On the other hand, for the error condition, sometimes apps want to return a 200 code but an error to represent a business logic failure. The HTTP error codes don't always match the semantics of application business errors.
You are mixing two different Layers here:
HTTP is for establishing (high-level) connections and transferring data. The HTTP status codes thus informs you if and how the connection was established or why it was not. On a successful connection the body of the HTTP request could then contain anything (e.g. XML, JSON, etc.), thus these status code have to define a general meaning. It does not inform you about the correctness or type (e.g. error message or data) of the response.
When using JSON for interchanging data you could certainly omit the status property, however it is easier for you to parse the JSON, if you know if it includes the object you were requesting or an error message by just reading one property.
So, yes, it is perfectly normal to return a 200 status code and have a "status": "error" property in your JSON.
HTTP status codes can be caused by a lot of things, including load balancers, proxies, caches, firewalls, etc.
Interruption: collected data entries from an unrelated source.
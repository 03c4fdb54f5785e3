-- ===== src/Change.antt =====
-- continuous/change_detection: how two snapshots of a watched protocol differ.
pub mod Models
pub mod Snapshot
pub mod Diff
pub mod Detector
pub mod Store
pub mod Tests
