-- ===== src/History/Models.antt =====
-- continuous/history/models.py, and the snapshots of continuous/change_detection/models.py. A
-- moment is a number of seconds; ages and limits of a policy are not negative.
use chain_sentinel.Base.{ℕ, String, Bool, true, Option, List, Dict}

pub data HistoryRecordType : Type 0 where
  snapshot change_detection reanalysis evidence_delta : HistoryRecordType
  risk_delta alert_batch acknowledgement : HistoryRecordType

-- A value of a record's payload.
pub data RecordValue : Type 0 where
  text : String → RecordValue
  number : ℕ → RecordValue
  flag : Bool → RecordValue
  texts : List String → RecordValue

pub record HistoricalRecord : Type 0 where
  pub record_id : String
  pub watch_id : String
  pub record_type : HistoryRecordType
  pub timestamp : ℕ
  pub reference_id : String
  pub payload : Dict RecordValue

pub record RetentionPolicy : Type 0 where
  pub max_records_per_watch : ℕ
  pub max_age_days : ℕ
  pub retain_baseline : Bool
  pub archive_removed : Bool

-- `RetentionPolicy()`
abbrev pub default_retention : RetentionPolicy
default_retention = record {
  max_records_per_watch = 1000;
  max_age_days = 365;
  retain_baseline = true;
  archive_removed = true;
}

pub record ArchiveManifest : Type 0 where
  pub watch_id : String
  pub removed_record_ids : List String
  pub archived_record_ids : List String
  pub retained_count : ℕ
  pub applied_at : ℕ

pub record ContractSnapshot : Type 0 where
  pub address : String
  pub proxy_implementation : Option String
  pub owner : Option String
  pub proxy_admin : Option String
  pub timelock : Option String
  pub governor : Option String
  pub treasury : Option String
  pub bytecode_hash : Option String
  pub abi_hash : Option String
  pub metadata : Dict String

pub record ProtocolSnapshot : Type 0 where
  pub snapshot_id : String
  pub watch_id : String
  pub chain_id : ℕ
  pub root_address : String
  pub captured_at : ℕ
  pub contracts : List ContractSnapshot
  pub dependency_fingerprint : String
  pub liquidity_fingerprint : String
  pub runtime_fingerprint : String
  pub metadata : Dict String

-- `record_type.value`
abbrev pub record_type_value : HistoryRecordType → String
record_type_value snapshot = "snapshot"
record_type_value change_detection = "change_detection"
record_type_value reanalysis = "reanalysis"
record_type_value evidence_delta = "evidence_delta"
record_type_value risk_delta = "risk_delta"
record_type_value alert_batch = "alert_batch"
record_type_value acknowledgement = "acknowledgement"
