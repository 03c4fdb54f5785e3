-- ===== src/Watch/Models.antt =====
-- continuous/models.py. A moment is a number of seconds; the values of a dictionary that the code
-- only carries around are texts.
use chain_sentinel.Base.{ℕ, String, Bool, true, false, Option, none, [], Dict}

pub data WatchScheduleType : Type 0 where
  manual hourly daily weekly cron : WatchScheduleType

pub data WatchStatus : Type 0 where
  enabled disabled paused : WatchStatus

pub data WatchEventType : Type 0 where
  registered unregistered config_updated enabled disabled paused : WatchEventType
  resumed deleted scheduled executed : WatchEventType

pub record WatchConfiguration : Type 0 where
  pub schedule_type : WatchScheduleType
  pub cron_expression : Option String
  pub timezone : String
  pub metadata : Dict String

pub record WatchedProtocol : Type 0 where
  pub watch_id : String
  pub chain_id : ℕ
  pub root_address : String
  pub protocol_name : String
  pub registered_at : ℕ
  pub metadata : Dict String

pub record WatchSubscription : Type 0 where
  pub subscription_id : String
  pub protocol : WatchedProtocol
  pub configuration : WatchConfiguration
  pub status : WatchStatus
  pub baseline_scan : Option (Dict String)
  pub last_execution_at : Option ℕ
  pub next_execution_at : Option ℕ
  pub created_at : ℕ
  pub updated_at : ℕ

-- A value of an event's metadata.
pub data Payload : Type 0 where
  text : String → Payload
  mapping : Dict String → Payload

pub record WatchEvent : Type 0 where
  pub event_id : String
  pub event_type : WatchEventType
  pub watch_id : String
  pub timestamp : ℕ
  pub metadata : Dict Payload

-- `WatchConfiguration()`
abbrev pub default_configuration : WatchConfiguration
default_configuration = record {
  schedule_type = manual;
  cron_expression = none;
  timezone = "UTC";
  metadata = [];
}

-- `status == WatchStatus.ENABLED`, `status == WatchStatus.PAUSED`
abbrev pub is_enabled : WatchStatus → Bool
is_enabled WatchStatus.enabled = true
is_enabled _ = false

abbrev pub is_paused : WatchStatus → Bool
is_paused WatchStatus.paused = true
is_paused _ = false

abbrev pub is_manual : WatchScheduleType → Bool
is_manual manual = true
is_manual _ = false

abbrev pub is_cron : WatchScheduleType → Bool
is_cron cron = true
is_cron _ = false

-- `event_type.value` and `schedule_type.value`
abbrev pub event_type_value : WatchEventType → String
event_type_value registered = "registered"
event_type_value unregistered = "unregistered"
event_type_value config_updated = "config_updated"
event_type_value WatchEventType.enabled = "enabled"
event_type_value WatchEventType.disabled = "disabled"
event_type_value WatchEventType.paused = "paused"
event_type_value resumed = "resumed"
event_type_value deleted = "deleted"
event_type_value scheduled = "scheduled"
event_type_value executed = "executed"

abbrev pub schedule_type_value : WatchScheduleType → String
schedule_type_value manual = "manual"
schedule_type_value hourly = "hourly"
schedule_type_value daily = "daily"
schedule_type_value weekly = "weekly"
schedule_type_value cron = "cron"
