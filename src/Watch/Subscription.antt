-- ===== src/Watch/Subscription.antt =====
-- continuous/protocol_subscription.py. The digest of a text and the text of a moment are
-- parameters: the code calls hashlib and datetime for them.
use chain_sentinel.Base.{
  ℕ, String, Option, none, some, [], ◌∷◌, ◌==◌, if◌then◌else◌, lower, Dict, put, ◌⧺◌, decimal,
}
use chain_sentinel.Watch.Models.{
  WatchStatus, WatchConfiguration, WatchedProtocol, WatchSubscription,
}

-- `hashlib.sha256(text.encode("utf-8")).hexdigest()[:16]` and `moment.isoformat()`
pub record Texts : Type 0 where
  pub digest : String → String
  pub isoformat : ℕ → String

unfoldable pub watch_id : ℕ → String → String
unfolding lower
watch_id chain_id root_address = decimal chain_id ⧺ ":" ⧺ lower root_address

unfoldable pub build_watched_protocol : ℕ → String → String → ℕ → Dict String → WatchedProtocol
unfolding watch_id
build_watched_protocol chain_id root_address protocol_name registered_at metadata = record {
  watch_id = watch_id chain_id root_address;
  chain_id = chain_id;
  root_address = lower root_address;
  protocol_name = protocol_name;
  registered_at = registered_at;
  metadata = metadata;
}

-- With both timestamps given, as its one caller does.
unfoldable pub build_subscription :
    WatchedProtocol
    → WatchConfiguration
    → WatchStatus
    → Option (Dict String)
    → (created_at updated_at : ℕ) → WatchSubscription
build_subscription protocol configuration status baseline_scan created_at updated_at = record {
  subscription_id = protocol.watch_id;
  protocol = protocol;
  configuration = configuration;
  status = status;
  baseline_scan = baseline_scan;
  last_execution_at = none;
  next_execution_at = none;
  created_at = created_at;
  updated_at = updated_at;
}

-- `a or b` of texts: an empty text is falsy.
abbrev pub text_or : String → String → String
text_or a b = if a == "" then b else a

-- `{**a, **b}`
unfoldable pub merge_dict : Dict String → Dict String → Dict String
merge_dict a [] = a
merge_dict a ((k, v) ∷ b) = merge_dict (put a k v) b

unfoldable pub merge_configuration : WatchConfiguration → WatchConfiguration → WatchConfiguration
unfolding merge_dict
merge_configuration current updated = record {
  schedule_type = updated.schedule_type;
  cron_expression = elim updated.cron_expression [
    | none ↦ current.cron_expression
    | some c ↦ some c
  ];
  timezone = text_or updated.timezone current.timezone;
  metadata = merge_dict current.metadata updated.metadata;
}

unfoldable pub event_id : Texts → String → String → ℕ → String
event_id texts watch_id_value event_type timestamp =
    watch_id_value
    ⧺ ":"
    ⧺ event_type
    ⧺ ":"
    ⧺ texts.digest (watch_id_value ⧺ "|" ⧺ event_type ⧺ "|" ⧺ texts.isoformat timestamp)
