-- ===== src/Change/Models.antt =====
-- continuous/change_detection/models.py, but for the snapshots, which the history keeps too.
use chain_sentinel.Base.{ℕ, String, Bool, Option, List, Dict}
use chain_sentinel.Evidence.Models.{ConfidenceLevel}

pub data ChangeType : Type 0 where
  implementation_changed owner_changed proxy_admin_changed governance_changed : ChangeType
  liquidity_changed treasury_changed bytecode_changed dependency_changed : ChangeType
  runtime_fingerprint_changed : ChangeType

pub data ChangeSeverity : Type 0 where
  info low medium high critical : ChangeSeverity

pub record ChangeEvent : Type 0 where
  pub event_id : String
  pub change_type : ChangeType
  pub severity : ChangeSeverity
  pub before : Option String
  pub after : Option String
  pub affected_contracts : List String
  pub timestamp : ℕ
  pub confidence : ConfidenceLevel
  pub metadata : Dict String

pub record ChangeDetectionResult : Type 0 where
  pub watch_id : String
  pub baseline_snapshot_id : String
  pub current_snapshot_id : String
  pub detected_at : ℕ
  pub changes : List ChangeEvent
  pub unchanged : Bool

-- `change_type.value`
abbrev pub change_type_value : ChangeType → String
change_type_value implementation_changed = "implementation_changed"
change_type_value owner_changed = "owner_changed"
change_type_value proxy_admin_changed = "proxy_admin_changed"
change_type_value governance_changed = "governance_changed"
change_type_value liquidity_changed = "liquidity_changed"
change_type_value treasury_changed = "treasury_changed"
change_type_value bytecode_changed = "bytecode_changed"
change_type_value dependency_changed = "dependency_changed"
change_type_value runtime_fingerprint_changed = "runtime_fingerprint_changed"

-- The exceptions, by message or key. A value of a kind that no dump has at its key, such as a
-- dictionary where a text belongs, is unsupported: its `str` is not modelled.
pub data Error : Type 0 where
  value_error key_error type_error unsupported : String → Error
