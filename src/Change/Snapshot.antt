-- ===== src/Change/Snapshot.antt =====
-- continuous/change_detection/snapshot.py.
use chain_sentinel.Base.{
  ℕ, suc, String, not, Option, none, some, List, [], ◌∷◌, map, ◌==◌, eqb, if◌then◌else◌, lower,
  sorted, Dict, put, Result, ok, err, ◌⧺◌, starts_with, starts_with,
}
use chain_sentinel.History.Models.{ContractSnapshot, ProtocolSnapshot}
use chain_sentinel.Watch.Subscription.{Texts}
use chain_sentinel.Change.Models.{Error, value_error}

-- `s.removeprefix("0x")`
abbrev pub drop_two : String → String
drop_two (String.◌∷◌ c (String.◌∷◌ d s)) = s
drop_two s = s

abbrev pub text_length : String → ℕ
text_length String.[] = 0
text_length (String.◌∷◌ c s) = suc (text_length s)

unfoldable pub remove_0x : String → String
unfolding starts_with
remove_0x s = if starts_with "0x" s then drop_two s else s

unfoldable pub normalize_text : String → String
unfolding lower remove_0x
normalize_text value =
    let normalized = remove_0x (lower value) in
    if not (eqb (text_length normalized) 40) then lower value else "0x" ⧺ normalized

unfoldable pub normalize_address : Option String → Option String
unfolding normalize_text
normalize_address none = none
normalize_address (some value) = some (normalize_text value)

-- `{item.address.lower(): item for item in contracts}`
unfoldable pub index_contracts :
    List ContractSnapshot → Dict ContractSnapshot → Dict ContractSnapshot
unfolding lower
index_contracts [] d = d
index_contracts (c ∷ cs) d = index_contracts cs (put d (lower c.address) c)

unfoldable pub contract_index : List ContractSnapshot → Dict ContractSnapshot
unfolding index_contracts
contract_index contracts = index_contracts contracts []

unfoldable pub contract_addresses : List ContractSnapshot → List String
unfolding lower
contract_addresses contracts = sorted (map (λ c. lower c.address) contracts)

-- The first check that fails raises.
unfoldable pub ensure_protocol_compatibility :
    ProtocolSnapshot → ProtocolSnapshot → Result Error (Unit {0})
unfolding lower
ensure_protocol_compatibility baseline current =
    if not (baseline.watch_id == current.watch_id)
    then err (value_error "baseline and current snapshots must share the same watch_id")
    else if not (eqb baseline.chain_id current.chain_id)
    then err (value_error "baseline and current snapshots must share the same chain_id")
    else if not (lower baseline.root_address == lower current.root_address)
    then err (value_error "baseline and current snapshots must share the same root_address")
    else ok tt

unfoldable pub snapshot_id : Texts → String → ℕ → String
snapshot_id texts watch_id captured_at =
    watch_id ⧺ (":snapshot:" ⧺ texts.digest (watch_id ⧺ ("|" ⧺ texts.isoformat captured_at)))
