-- ===== src/Change/Diff.antt =====
-- continuous/change_detection/diff_engine.py and change_classifier.py.
pub mod Exact
use chain_sentinel.Base.{
  String, Bool, true, false, Option, none, some, List, [], ◌∷◌, ◌++◌, ◌==◌, if◌then◌else◌, sort_by,
  sorted, add, Dict, get, keys, Result, ok, ◌>>=◌, ◌>>◌, ◌⧺◌, join, texts_le, join,
}
use chain_sentinel.Evidence.Models.{ConfidenceLevel}
use chain_sentinel.History.Models.{ContractSnapshot, ProtocolSnapshot}
use chain_sentinel.Watch.Subscription.{Texts}
use chain_sentinel.Change.Models.{ChangeType, ChangeSeverity, Error, change_type_value}
use chain_sentinel.Change.Snapshot.{contract_index, ensure_protocol_compatibility}

pub record RawChange : Type 0 where
  pub change_type : ChangeType
  pub before : Option String
  pub after : Option String
  pub affected_contracts : List String

abbrev pub same_option : Option String → Option String → Bool
same_option none none = true
same_option (some s) (some t) = s == t
same_option _ _ = false

-- `value or ""`
abbrev pub or_empty : Option String → String
or_empty none = ""
or_empty (some s) = s

-- `getattr(contract, name, None) if contract else None`
abbrev pub field_of : (ContractSnapshot → Option String) → Option ContractSnapshot → Option String
field_of name none = none
field_of name (some c) = name c

unfoldable pub governance_value : Option ContractSnapshot → Option String
governance_value none = none
governance_value (some c) =
    some ("governor=" ⧺ (or_empty c.governor ⧺ (";timelock=" ⧺ or_empty c.timelock)))

-- One comparison: the change, if the values differ.
unfoldable pub changed_value :
    ChangeType → Option String → Option String → List String → List RawChange
changed_value change_type before after affected =
    if same_option before after
    then []
    else record {
      change_type = change_type;
      before = before;
      after = after;
      affected_contracts = affected;
    }
      ∷ []

-- CONTRACT_FIELDS
abbrev pub contract_fields : List ((ContractSnapshot → Option String) × ChangeType)
contract_fields =
    (λ c. c.proxy_implementation, ChangeType.implementation_changed)
    ∷ (λ c. c.owner, ChangeType.owner_changed)
    ∷ (λ c. c.proxy_admin, ChangeType.proxy_admin_changed)
    ∷ (λ c. c.bytecode_hash, ChangeType.bytecode_changed)
    ∷ (λ c. c.treasury, ChangeType.treasury_changed)
    ∷ []

unfoldable pub diff_fields :
    List ((ContractSnapshot → Option String) × ChangeType)
    → Option ContractSnapshot
    → Option ContractSnapshot
    → String
    → List RawChange
unfolding changed_value
diff_fields [] before after address = []
diff_fields ((name, change_type) ∷ fields) before after address =
    changed_value change_type (field_of name before) (field_of name after) (address ∷ [])
    ++ diff_fields fields before after address

unfoldable pub diff_contract :
    Option ContractSnapshot → Option ContractSnapshot → String → List RawChange
unfolding diff_fields governance_value
diff_contract before after address =
    diff_fields contract_fields before after address
    ++ changed_value ChangeType.governance_changed (governance_value before)
        (governance_value after) (address ∷ [])

-- `value or None`
abbrev pub or_none : String → Option String
or_none s = if s == "" then none else some s

unfoldable pub diff_protocol_field : ChangeType → String → String → List String → List RawChange
diff_protocol_field change_type before after addresses =
    if before == after
    then []
    else record {
      change_type = change_type;
      before = or_none before;
      after = or_none after;
      affected_contracts = addresses;
    }
      ∷ []

-- The keys of both dictionaries, each once.
unfoldable pub union : List String → List String → List String
union [] s = s
union (x ∷ xs) s = union xs (add x s)

unfoldable pub diff_contracts :
    Dict ContractSnapshot → Dict ContractSnapshot → List String → List RawChange
unfolding diff_contract
diff_contracts before after [] = []
diff_contracts before after (a ∷ addresses) =
    diff_contract (get before a) (get after a) a ++ diff_contracts before after addresses

abbrev pub change_key : RawChange → List String
change_key c =
    change_type_value c.change_type
    ∷ join "," c.affected_contracts
    ∷ or_empty c.before
    ∷ or_empty c.after
    ∷ []

-- The addresses of both snapshots, and the differences before they are sorted.
unfoldable pub all_addresses : ProtocolSnapshot → ProtocolSnapshot → List String
unfolding union contract_index
all_addresses baseline current = sorted (
    union (keys (contract_index current.contracts))
      (union (keys (contract_index baseline.contracts)) []))

unfoldable pub all_changes : ProtocolSnapshot → ProtocolSnapshot → List RawChange
unfolding all_addresses diff_contracts diff_protocol_field contract_index
all_changes baseline current =
    let addresses = all_addresses baseline current in
    diff_contracts (contract_index baseline.contracts) (contract_index current.contracts) addresses
    ++ (diff_protocol_field ChangeType.dependency_changed baseline.dependency_fingerprint
          current.dependency_fingerprint addresses
        ++ (diff_protocol_field ChangeType.liquidity_changed baseline.liquidity_fingerprint
              current.liquidity_fingerprint addresses
            ++ diff_protocol_field ChangeType.runtime_fingerprint_changed
                baseline.runtime_fingerprint current.runtime_fingerprint addresses))

unfoldable pub diff : ProtocolSnapshot → ProtocolSnapshot → Result Error (List RawChange)
unfolding all_changes ensure_protocol_compatibility
diff baseline current = do
  _ ← ensure_protocol_compatibility baseline current
  ok (sort_by (λ a b. texts_le (change_key a) (change_key b)) (all_changes baseline current))

unfoldable pub change_event_id :
    Texts → String → ChangeType → Option String → Option String → List String → String
change_event_id texts watch_id change_type before after affected_contracts =
    watch_id
    ⧺ (":"
        ⧺ (change_type_value change_type
            ⧺ (":"
                ⧺ texts.digest (
                    join "|" (
                      watch_id
                      ∷ change_type_value change_type
                      ∷ or_empty before
                      ∷ or_empty after
                      ∷ join "," affected_contracts
                      ∷ [])))))

-- DEFAULT_SEVERITY and DEFAULT_CONFIDENCE, which have every key
unfoldable pub default_severity : ChangeType → ChangeSeverity
default_severity ChangeType.implementation_changed = ChangeSeverity.critical
default_severity ChangeType.owner_changed = ChangeSeverity.high
default_severity ChangeType.proxy_admin_changed = ChangeSeverity.critical
default_severity ChangeType.governance_changed = ChangeSeverity.high
default_severity ChangeType.liquidity_changed = ChangeSeverity.medium
default_severity ChangeType.treasury_changed = ChangeSeverity.high
default_severity ChangeType.bytecode_changed = ChangeSeverity.high
default_severity ChangeType.dependency_changed = ChangeSeverity.medium
default_severity ChangeType.runtime_fingerprint_changed = ChangeSeverity.medium

unfoldable pub default_confidence : ChangeSeverity → ConfidenceLevel
default_confidence ChangeSeverity.medium = ConfidenceLevel.medium
default_confidence _ = ConfidenceLevel.high

unfoldable pub classify : RawChange → ChangeSeverity × ConfidenceLevel
unfolding default_severity default_confidence
classify change =
    let severity = default_severity change.change_type in (severity, default_confidence severity)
None of these are going to modify your JSON output, unless they completely break it, which can also be treated as an error.
Bottom line: it's more reliable to do it via JSON.
What is the best practice with regard to sending error responses in a JSON web service? I have seen it done several ways and wanted to know whether there were any agreed-upon standards or best practices among the choices.
I've seen it done where the response includes indication of success or failure as well as the data to be returned or a suitable error message, e.g.
[{'success':true, 'data':{...}]
[{'success':false, 'data':{'message':'error'}]
But I've also seen examples where the JSON object only includes data, and the service uses the normal HTTP error codes to indicate a problem (403, 404, 500, etc). (This is how the Twitter API does it.)
Is there a "right" way to do this, or is it just a matter of style? Is the latter method more "RESTful?"
In a "RESTful" approach, the primary error response is indicated by an appropriate status code (4xx/5xx).
Your message should provide addtional, application-specific hints on how to recover from the error. This may include human-readable representations of the error that has occured or some kind of more technical indicator (i.e. providing an Exception class name).
For being generic, keep to a fix syntax for your error messages. This allows you to introduce new error messages withour breaking the clients.
Use the appropriate HTTP codes and put what you now call "data" as the body of the response. This is the only correcty RESTful way to make the API users aware of an error.
Just doing this will not make your API RESTful, but not doing it will surely make your API non RESTful.
An example of well-used HTTP status codes for errors is in the Dropbox v1 API reference, have a look at the "Errors" sections under each method, they explain which error codes you should expect and what is the associated meaning in that particular method.